Dopo quasi sette anni, dal palco della manifestazione delle Rsu della scuola organizzata ieri dai sindacati di categoria a Roma, è stato annunciato per il 5 maggio uno sciopero unitario contro la riforma della scuola del governo Renzi. Lo sciopero, indetto da Flc-Cgil, Uil scuola, Cisl scuola, Gilda-Unams, Snals-Confsal, riunirà quindi tantissimi rappresentanti dei lavoratori, che non erano così compatti dai tempi della rivoluzione della Gelmini sul tempo pieno e il maestro unico.
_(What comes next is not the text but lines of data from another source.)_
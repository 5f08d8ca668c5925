-- ===== src/Mqtt/Login/Tests.antt =====
-- The theorem on logins at concrete values.
use go_ecoflow_exporter.Base.{ℕ, codes, [], ◌≡◌, ◌↔◌, refl}
use go_ecoflow_exporter.Mqtt.Login.{ok, HttpResponse, Api, get_user_id}
use go_ecoflow_exporter.Mqtt.Login.Steps.{Answers, get_user_id-Answers}

abbrev fine : HttpResponse
fine = record { status = 200; body = ok (codes "42") }

-- A server that takes every request.
abbrev kind_api : Api ℕ
kind_api = record {
  base64 = λ s. s;
  marshal = λ params. ok [];
  new_request = λ method url payload.
      ok (record { method = method; url = url; headers = []; body = payload });
  send = λ request. ok fine;
  partial = λ response. [];
  user_id = λ body. ok body;
  new_client = λ email password. ok 1;
}

logs_in : get_user_id kind_api (codes "a@b") (codes "secret") ≡ ok (codes "42")
unfolding get_user_id
logs_in = refl

get_user_id-Answers_example :
    (get_user_id kind_api (codes "a@b") (codes "secret") ≡ ok (codes "42"))
    ↔ Answers ℕ kind_api (codes "a@b") (codes "secret") (codes "42")
get_user_id-Answers_example =
    get_user_id-Answers kind_api (codes "a@b") (codes "secret") (codes "42")
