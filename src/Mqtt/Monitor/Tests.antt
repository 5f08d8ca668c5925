-- ===== src/Mqtt/Monitor/Tests.antt =====
-- The theorem on the monitor at concrete values.
use go_ecoflow_exporter.Base.{
  ◌<◌, ◌≤◌, ◌*◌, Text, codes, text_eq, true, false, none, List, [], ◌∷◌, ◌≡◌, ◌≢◌, ◌↔◌, refl,
  length,
}
use go_ecoflow_exporter.Base.Int.{ℤ}
use go_ecoflow_exporter.Base.Dict.{Dict, lookup, has, IsUnique}
use go_ecoflow_exporter.Protobuf.Decoder.{new_protobuf_decoder}
use go_ecoflow_exporter.Mqtt.Status.{initial, mark_received, second}
use go_ecoflow_exporter.Mqtt.Status.Invariant.{Reach-IsSound, next, start, received}
use go_ecoflow_exporter.Mqtt.Status.Offline.{IsOffline}
use go_ecoflow_exporter.Mqtt.Handler.{MqttMetricsExporter}
use go_ecoflow_exporter.Mqtt.Monitor.{leave, monitor_round, monitor_round_acts}

abbrev silent_devices : Dict Text
silent_devices = (codes "R331", codes "Delta 2") ∷ []

-- One device, last heard of a hundred seconds after the start.
abbrev silent_exporter : MqttMetricsExporter ℤ ℤ (List Text)
silent_exporter = record {
  devices = silent_devices;
  handlers = [];
  status = (mark_received (100 * second) (codes "R331") initial).0;
  device_state = [];
  protobuf_decoder = new_protobuf_decoder false;
  telemetry = none;
  world = [];
}

silent_devices-IsUnique : IsUnique silent_devices
unfolding lookup
silent_devices-IsUnique = (refl, tt)

silent_device : has (codes "R331") silent_devices ≡ true
unfolding lookup text_eq
silent_device = refl

monitor_round_acts_example :
    ((monitor_round true (500 * second) (300 * second) silent_exporter).1 ≢ leave) ↔ (
      (0 < length silent_devices)
      × ((sn : Text)
          → has sn silent_devices ≡ true
          → IsOffline (500 * second) (300 * second) silent_exporter.status sn)
      × (silent_exporter.status.next_reconnect ≤ 500 * second))
monitor_round_acts_example =
    monitor_round_acts (500 * second) (300 * second) silent_exporter silent_devices-IsUnique (
      Reach-IsSound silent_devices (300 * second)
        (next start (received (100 * second) (codes "R331") initial silent_device)))
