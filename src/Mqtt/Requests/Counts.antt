-- ===== src/Mqtt/Requests/Counts.antt =====
-- mqtt_exporter.go: how many pings and refreshes the ticks of `pingRoutine` send.
use native.Mathlib.Nat.{
  div-add-mod, mod-lt, mul-add-div, mul-add-mod_self_left, div_self, mod_self, div-eq_of_lt,
  mod-eq_of_lt, zero-div,
}
use go_ecoflow_exporter.Base.{
  ℕ, ◌+◌, ◌*◌, ◌/◌, ◌%◌, ◌<◌, ◌==◌, Text, text_eq, text_eq_iff, Bool, true, false, Option, none,
  some, List, [], ◌∷◌, ◌≡◌, refl, ap, ◌∙◌, inl, inr, arith, Bool-cases, if◌then◌else◌,
}
use go_ecoflow_exporter.Base.Dict.{Dict, lookup, has, lookup-insert, IsUnique}
use go_ecoflow_exporter.Telemetry.{Telemetry}
use go_ecoflow_exporter.Mqtt.Requests.{
  Clock, Sender, Pings, Tick, count, increment, record_ping, send_rtc_time_ping, publish_ping,
  rtc_time_message, ticks_per_refresh, contact, contact_all, ping_tick, ping_routine,
}

-- The pings of a device that were recorded.
abbrev pub attempts : Text → Pings → ℕ
attempts sn p = count sn p.ping_ok + count sn p.ping_failed

count-increment :
    (k j : Text) (m : Dict ℕ) → count j (increment k m) ≡ count j m + (if text_eq k j then 1 else 0)
count-increment k j m = ground (arith, lookup-insert k j (count k m + 1) m, text_eq_iff k j)

module _ (j : Text) where
  attempts-record_ping :
      (sn : Text) (err : Option Text) (p : Pings)
      → attempts j (record_ping sn err p) ≡ attempts j p + (if text_eq sn j then 1 else 0)
  unfolding record_ping
  attempts-record_ping sn none p = omega (arith, count-increment sn j p.ping_ok)
  attempts-record_ping sn (some err) p = omega (arith, count-increment sn j p.ping_failed)

  attempts-contact :
      (refresh : Bool) (sender : Sender) (now : Clock) (sn : Text) (p : Pings)
      → attempts j (contact refresh sender now sn p)
        ≡ attempts j p + (if refresh then 0 else if text_eq sn j then 1 else 0)
  unfolding send_rtc_time_ping
  attempts-contact true sender now sn p = omega arith
  attempts-contact false sender now sn p = attempts-record_ping sn _ p

  attempts-contact_all :
      (refresh : Bool) (sender : Sender) (now : Clock) (devices : Dict Text) (p : Pings)
      → IsUnique devices
      → attempts j (contact_all refresh sender now devices p)
        ≡ attempts j p + (if refresh then 0 else if has j devices then 1 else 0)
  unfolding contact_all lookup
  attempts-contact_all refresh sender now [] p h = ground arith
  attempts-contact_all refresh sender now ((sn, name) ∷ devices) p (fresh, h) = ground (
    arith,
    attempts-contact_all refresh sender now devices (contact refresh sender now sn p) h,
    attempts-contact refresh sender now sn p,
    text_eq_iff sn j,
    fresh,
  )

abbrev pub connected_ticks : List Tick → ℕ
connected_ticks [] = 0
connected_ticks (tick ∷ ticks) = connected_ticks ticks + (if tick.connected then 1 else 0)

-- `r + 1` under the divisor or at it.
last_quotient : (r per : ℕ) → r < per → (r + 1) / per ≡ (if (r + 1) % per == 0 then 1 else 0)
last_quotient r per h = elim (Bool-cases (r + 1 == per)) [
  | inl e ↦
      let same : r + 1 ≡ per = ground arith in
      ground (arith, same, div_self {n = per} (omega arith), mod_self per)
  | inr e ↦
      let less : r + 1 < per = ground arith in ground (arith, div-eq_of_lt less, mod-eq_of_lt less)
]

pub next_quotient :
    (c per : ℕ) → 0 < per → (c + 1) / per ≡ c / per + (if (c + 1) % per == 0 then 1 else 0)
next_quotient c per h =
    let r = c % per in
    let split : c + 1 ≡ per * (c / per) + (r + 1) = omega (arith, div-add-mod c per) in
    let quotient = ap (λ x. x / per) split ∙ mul-add-div h (c / per) (r + 1) in
    let remainder : (c + 1) % per ≡ (r + 1) % per =
      ap (λ x. x % per) split ∙ mul-add-mod_self_left per (c / per) (r + 1) in
    rw (quotient, remainder) (ap (λ x. c / per + x) (last_quotient r per (mod-lt c h)))

tick_count-contact :
    (refresh : Bool) (sender : Sender) (now : Clock) (sn : Text) (p : Pings)
    → (contact refresh sender now sn p).tick_count ≡ p.tick_count
unfolding send_rtc_time_ping record_ping
tick_count-contact true sender now sn p = refl
tick_count-contact false sender now sn p =
    elim (publish_ping sender sn (sender.marshal (rtc_time_message now)))
      as (λ err. (record_ping sn err p).tick_count ≡ p.tick_count) [ none ↦ refl | some err ↦ refl ]

pub tick_count-contact_all :
    (refresh : Bool) (sender : Sender) (now : Clock) (devices : Dict Text) (p : Pings)
    → (contact_all refresh sender now devices p).tick_count ≡ p.tick_count
unfolding contact_all
tick_count-contact_all refresh sender now [] p = refl
tick_count-contact_all refresh sender now ((sn, name) ∷ devices) p =
    tick_count-contact_all refresh sender now devices _ ∙ tick_count-contact refresh sender now sn p

attempts-ping_tick :
    (j : Text) (per : ℕ) (devices : Dict Text) (tick : Tick) (p : Pings)
    → IsUnique devices
    → has j devices ≡ true
    → 0 < per
    → let p' = ping_tick per devices tick p in
      (attempts j p' + p'.tick_count / per + p.tick_count
        ≡ attempts j p + p.tick_count / per + p'.tick_count)
      × (p'.tick_count ≡ p.tick_count + (if tick.connected then 1 else 0))
unfolding ping_tick
attempts-ping_tick j per devices tick p unique known positive =
    let count' = p.tick_count + 1 in
    let p1 = record p { tick_count = count' } in
    let refresh = count' % per == 0 in
    let same = tick_count-contact_all refresh tick.sender tick.now devices p1 in
    let made = attempts-contact_all j refresh tick.sender tick.now devices p1 unique in
    elim (Bool-cases tick.connected) [
      | inl e ↦
          rw (e) (ground (arith, same, made, known, next_quotient p.tick_count per positive), same)
      | inr e ↦ rw (e) (refl, omega arith)
    ]

pub ping_routine_counts :
    (j : Text) (per : ℕ) (devices : Dict Text) (ticks : List Tick) (p : Pings)
    → IsUnique devices
    → has j devices ≡ true
    → 0 < per
    → let p' = ping_routine per devices ticks p in
      (attempts j p' + p'.tick_count / per + p.tick_count
        ≡ attempts j p + p.tick_count / per + p'.tick_count)
      × (p'.tick_count ≡ p.tick_count + connected_ticks ticks)
unfolding ping_routine
ping_routine_counts j per devices [] p unique known positive = (refl, omega arith)
ping_routine_counts j per devices (tick ∷ ticks) p unique known positive =
    let once = attempts-ping_tick j per devices tick p unique known positive in
    let later =
      ping_routine_counts j per devices ticks (ping_tick per devices tick p) unique known
        positive in
    (omega (arith, once.0, later.0), omega (arith, once.1, later.1))

from_zero :
    (made t n per : ℕ) → made + t / per + 0 ≡ 0 + 0 / per + t → t ≡ 0 + n → made + n / per ≡ n
from_zero made t n per e same =
    let same_count : t ≡ n = omega arith in rw (← same_count) (omega (arith, e, zero-div per))

-- What the routine starts with, but for the telemetry.
abbrev pub new_pings : Option Telemetry → Pings
new_pings telemetry = record {
  tick_count = 0;
  ping_ok = [];
  ping_failed = [];
  telemetry = telemetry;
}

-- With N the state refresh interval divided by the ping interval, but at least 1: at the first n ticks at which the client is
-- connected n - n / N keepalive pings of a device are recorded, as successful or as failed, whatever came of
-- them: one at each tick but every N-th. Ticks without a connection count for nothing.
-- Assumed: the devices' serial numbers are distinct.
pub ping_routine-attempts :
    (j : Text) (state_refresh_interval ping_interval : ℕ) (devices : Dict Text) (ticks : List Tick)
    (telemetry : Option Telemetry)
    → IsUnique devices
    → has j devices ≡ true
    → let per = ticks_per_refresh state_refresh_interval ping_interval in
      attempts j (ping_routine per devices ticks (new_pings telemetry))
        + connected_ticks ticks / per
      ≡ connected_ticks ticks
unfolding lookup
ping_routine-attempts j state_refresh_interval ping_interval devices ticks telemetry unique known =
    let per = ticks_per_refresh state_refresh_interval ping_interval in
    let (made, counted) =
      ping_routine_counts j per devices ticks (new_pings telemetry) unique known (omega arith) in
    from_zero (attempts j (ping_routine per devices ticks (new_pings telemetry))) _
      (connected_ticks ticks) per made counted
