-- ===== src/Mqtt/Requests/Refreshes.antt =====
-- mqtt_exporter.go: the full-state refreshes of `pingRoutine`, as the telemetry counts them.
use native.Mathlib.Nat.{add-zero, zero-add, zero-div}
use go_ecoflow_exporter.Base.{
  ℕ, ◌+◌, ◌/◌, ◌%◌, ◌<◌, ◌==◌, Text, codes, text_eq, text_eq_iff, Bool, true, false, Option, none,
  some, List, [], ◌∷◌, All, ◌≡◌, refl, ap, ◌∙◌, inl, inr, arith, Bool-cases, if◌then◌else◌,
}
use go_ecoflow_exporter.Base.Dict.{Dict, lookup, has, IsUnique}
use go_ecoflow_exporter.Telemetry.{Telemetry, new_telemetry, success, error, result, mqtt_ping}
use go_ecoflow_exporter.Protobuf.Message.{Bytes}
use go_ecoflow_exporter.Mqtt.Requests.{
  Field, Clock, Sender, Pings, Tick, record_ping, send_rtc_time_ping, publish_ping, quotas_message,
  rtc_time_message, request_latest_quotas, ticks_per_refresh, contact, contact_all, ping_tick,
  ping_routine,
}
use go_ecoflow_exporter.Mqtt.Requests.Counts.{
  attempts, connected_ticks, next_quotient, tick_count-contact_all, new_pings, ping_routine_counts,
  ping_routine-attempts,
}

-- The refreshes of a device that were recorded, whatever came of them.
abbrev pub refreshes : Text → Option Telemetry → ℕ
refreshes sn none = 0
refreshes sn (some t) =
    t.mqtt_pings sn (codes "state_refresh") success + t.mqtt_pings sn (codes "state_refresh") error

-- The sender marshals every message, and has a client.
abbrev pub CanSend : Sender → Type 0
CanSend sender =
    ((message : Dict Field) → (sender.marshal message).1 ≡ none)
    × ((publish : Text → Bytes → Option (Option Text)) × (sender.client ≡ some publish))

unfoldable Shows : Text → ℕ → Option Telemetry → Type 0
Shows j n none = ⊥
Shows j n (some t) = refreshes j (some t) ≡ n

refreshes-of_Shows : (j : Text) (n : ℕ) (o : Option Telemetry) → Shows j n o → refreshes j o ≡ n
unfolding Shows
refreshes-of_Shows j n none h = absurd h
refreshes-of_Shows j n (some t) h = h

kinds_and_results :
    (text_eq (codes "state_refresh") (codes "state_refresh") ≡ true)
    × (text_eq (codes "keepalive") (codes "state_refresh") ≡ false)
    × (text_eq success success ≡ true)
    × (text_eq success error ≡ false)
    × (text_eq error success ≡ false)
    × (text_eq error error ≡ true)
unfolding text_eq
kinds_and_results = (refl, refl, refl, refl, refl, refl)

module _ (j : Text) where
  Shows-of_eq : (n m : ℕ) (o : Option Telemetry) → n ≡ m → Shows j n o → Shows j m o
  Shows-of_eq n m o e h = rw (← e) h

  Shows-refresh :
      (sn : Text) (err : Option Text) (n : ℕ) (o : Option Telemetry)
      → Shows j n o
      → Shows j (n + (if text_eq sn j then 1 else 0)) (mqtt_ping sn (codes "state_refresh") err o)
  unfolding Shows mqtt_ping result
  Shows-refresh sn err n none h = absurd h
  Shows-refresh sn none n (some t) h = ground (arith, h, kinds_and_results)
  Shows-refresh sn (some err) n (some t) h = ground (arith, h, kinds_and_results)

  Shows-keepalive :
      (sn : Text) (err : Option Text) (n : ℕ) (o : Option Telemetry)
      → Shows j n o
      → Shows j n (mqtt_ping sn (codes "keepalive") err o)
  unfolding Shows mqtt_ping
  Shows-keepalive sn err n none h = absurd h
  Shows-keepalive sn err n (some t) h = ground (arith, h, kinds_and_results)

  Shows-recorded :
      (sn : Text) (err : Option Text) (n : ℕ) (p : Pings)
      → Shows j n p.telemetry
      → Shows j n (record_ping sn err p).telemetry
  unfolding record_ping
  Shows-recorded sn none n p h = Shows-keepalive sn none n p.telemetry h
  Shows-recorded sn (some err) n p h = Shows-keepalive sn (some err) n p.telemetry h

  Shows-contact :
      (refresh : Bool) (sender : Sender) (now : Clock) (sn : Text) (n : ℕ) (p : Pings)
      → CanSend sender
      → Shows j n p.telemetry
      → Shows j
          (n + (if refresh then if text_eq sn j then 1 else 0 else 0))
          (contact refresh sender now sn p).telemetry
  unfolding request_latest_quotas send_rtc_time_ping
  Shows-contact true sender now sn n p (marshals, (publish, has_client)) h =
      rw (marshals (quotas_message now), has_client) (Shows-refresh sn _ n p.telemetry h)
  Shows-contact false sender now sn n p can h =
      rw (add-zero n)
        (Shows-recorded sn (publish_ping sender sn (sender.marshal (rtc_time_message now))) n p h)

  Shows-contact_all :
      (refresh : Bool) (sender : Sender) (now : Clock) (devices : Dict Text) (n : ℕ) (p : Pings)
      → CanSend sender
      → IsUnique devices
      → Shows j n p.telemetry
      → Shows j
          (n + (if refresh then if has j devices then 1 else 0 else 0))
          (contact_all refresh sender now devices p).telemetry
  unfolding contact_all lookup
  Shows-contact_all refresh sender now [] n p can unique h =
      Shows-of_eq n _ p.telemetry (ground arith) h
  Shows-contact_all refresh sender now ((sn, name) ∷ devices) n p can (fresh, unique) h =
      let one = if refresh then if text_eq sn j then 1 else 0 else 0 in
      let rest = if refresh then if has j devices then 1 else 0 else 0 in
      Shows-of_eq (n + one + rest) _ _ (ground (arith, text_eq_iff sn j, fresh)) (
        Shows-contact_all refresh sender now devices (n + one) (contact refresh sender now sn p) can
          unique (Shows-contact refresh sender now sn n p can h))

  ping_tick-Shows :
      (per : ℕ) (devices : Dict Text) (tick : Tick) (p : Pings)
      → (tick.connected ≡ true → CanSend tick.sender)
      → IsUnique devices
      → has j devices ≡ true
      → 0 < per
      → Shows j (p.tick_count / per) p.telemetry
      → let p' = ping_tick per devices tick p in Shows j (p'.tick_count / per) p'.telemetry
  unfolding ping_tick
  ping_tick-Shows per devices tick p can unique known positive h =
      let count' = p.tick_count + 1 in
      let p1 = record p { tick_count = count' } in
      let refresh = count' % per == 0 in
      let same = tick_count-contact_all refresh tick.sender tick.now devices p1 in
      elim (Bool-cases tick.connected) [
        | inl e ↦
            rw (e, same)
              (Shows-of_eq _ _ _ (ground (arith, known, next_quotient p.tick_count per positive)) (
                Shows-contact_all refresh tick.sender tick.now devices (p.tick_count / per) p1
                  (can e) unique h))
        | inr e ↦ rw (e) h
      ]

  ping_routine-Shows :
      (per : ℕ) (devices : Dict Text) (ticks : List Tick) (p : Pings)
      → All (λ tick. tick.connected ≡ true → CanSend tick.sender) ticks
      → IsUnique devices
      → has j devices ≡ true
      → 0 < per
      → Shows j (p.tick_count / per) p.telemetry
      → let p' = ping_routine per devices ticks p in Shows j (p'.tick_count / per) p'.telemetry
  unfolding ping_routine
  ping_routine-Shows per devices [] p can unique known positive h = h
  ping_routine-Shows per devices (tick ∷ ticks) p (can, later) unique known positive h =
      ping_routine-Shows per devices ticks (ping_tick per devices tick p) later unique known
        positive (ping_tick-Shows per devices tick p can unique known positive h)

-- With N the state refresh interval divided by the ping interval, but at least 1: at the first n ticks at which the client is
-- connected n / N refreshes of the full state are recorded for each device, one at every N-th, whatever came of them, and
-- n - n / N keepalive pings, one at each other. Ticks without a connection count for nothing.
-- Assumed: the devices' serial numbers are distinct, and at the ticks with a connection there is a
-- client and the messages can be marshalled.
pub ping_routine-refreshes :
    (j : Text) (state_refresh_interval ping_interval : ℕ) (devices : Dict Text) (ticks : List Tick)
    (version : Text)
    → IsUnique devices
    → has j devices ≡ true
    → All (λ tick. tick.connected ≡ true → CanSend tick.sender) ticks
    → let per = ticks_per_refresh state_refresh_interval ping_interval in
      let p = ping_routine per devices ticks (new_pings (some (new_telemetry version))) in
      (refreshes j p.telemetry ≡ connected_ticks ticks / per)
      × (attempts j p + connected_ticks ticks / per ≡ connected_ticks ticks)
unfolding new_telemetry Shows
ping_routine-refreshes j state_refresh_interval ping_interval devices ticks version unique known
      can =
    let per = ticks_per_refresh state_refresh_interval ping_interval in
    let start = new_pings (some (new_telemetry version)) in
    let shown =
      ping_routine-Shows j per devices ticks start can unique known (omega arith)
        (rw (zero-div per) refl) in
    let counted = (ping_routine_counts j per devices ticks start unique known (omega arith)).1 in
    (
      refreshes-of_Shows j _ _ shown ∙ ap (λ n. n / per) (counted ∙ zero-add _),
      ping_routine-attempts j state_refresh_interval ping_interval devices ticks
          (some (new_telemetry version)) unique known,
    )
“Manifesto rispetto per chi sciopera. Stiamo cercando di costruire consenso su ‘La buona scuola’, riforma culturale rivoluzionaria”. E’ la risposta su Twitter del ministro dell’Istruzione, Stefania Giannini.
“Questa è la prima mobilitazione dopo il ddl varato dal governo e credo che unitariamente bisogna decidere di proseguire anche con lo sciopero generale”, ha detto Susanna Camusso, segretario generale della Cgil, intervenendo alla manifestazione romana.

Il segretario generale della Uil Scuola, Massimo Di Menna, vuole assolutamente difendere la scuola italiana statale: “Siamo preoccupati perché è in atto uno scontro tra il governo e la scuola e tra il governo e il Paese, e non serve. Noi vogliamo difendere la scuola italiana”. “Nelle prossime ore manderemo una lettera al ministro dell’ Istruzione, Stefania Giannini, e al premier Matteo Renzi per comunicare che il 5 maggio la scuola si fermerà. Abbiamo incontrato le forze parlamentari per spiegare le nostre ragioni e non siamo stati ascoltati dal governo. Serve un piano di assunzioni e serve che sia fatto per decreto. No inoltre all’art.12 al ddl, che per dare retta alla Corte europea stabilisce che dopo 3 anni di lavoro precario un docente sia licenziato. No infine al preside con super poteri”, ha aggiunto Di Menna.

A difendere l’operato del premier Renzi e del suo governo è Francesca Puglisi, responsabile scuola della segreteria nazionale Pd: “I sindacati ritrovano l’unità contro il ddl sulla buona scuola, mentre marciavano divisi durante il governo Berlusconi, nonostante i tagli dell’allora ministro Gelmini. È uno sciopero ingiusto, perché l’esecutivo Renzi stabilizza 100 mila precari, stanzia 200 milioni per il merito, investe 40 milioni per la formazione, destina 500 euro agli insegnanti per i consumi culturali”.

“Il ddl ha dei lati positivi, quali l’assunzione di tanti insegnanti in più, ma ci sono altri punti che vanno corretti, quali il reclutamento degli insegnanti”, sottolinea invece Stefano Fassina, deputato Pd, anche lui presente alla manifestazione di contestazione al ddl scuola. “La buona scuola non è certo quella del ddl di Renzi dietro la bandiera mediatica dei 100 mila precari assunti. La buona scuola è quella pubblica, fatta di tutte le persone che hanno protestato in piazza”, aggiunge Massimo Cervellini, vicepresidente della Commissione Lavori pubblici.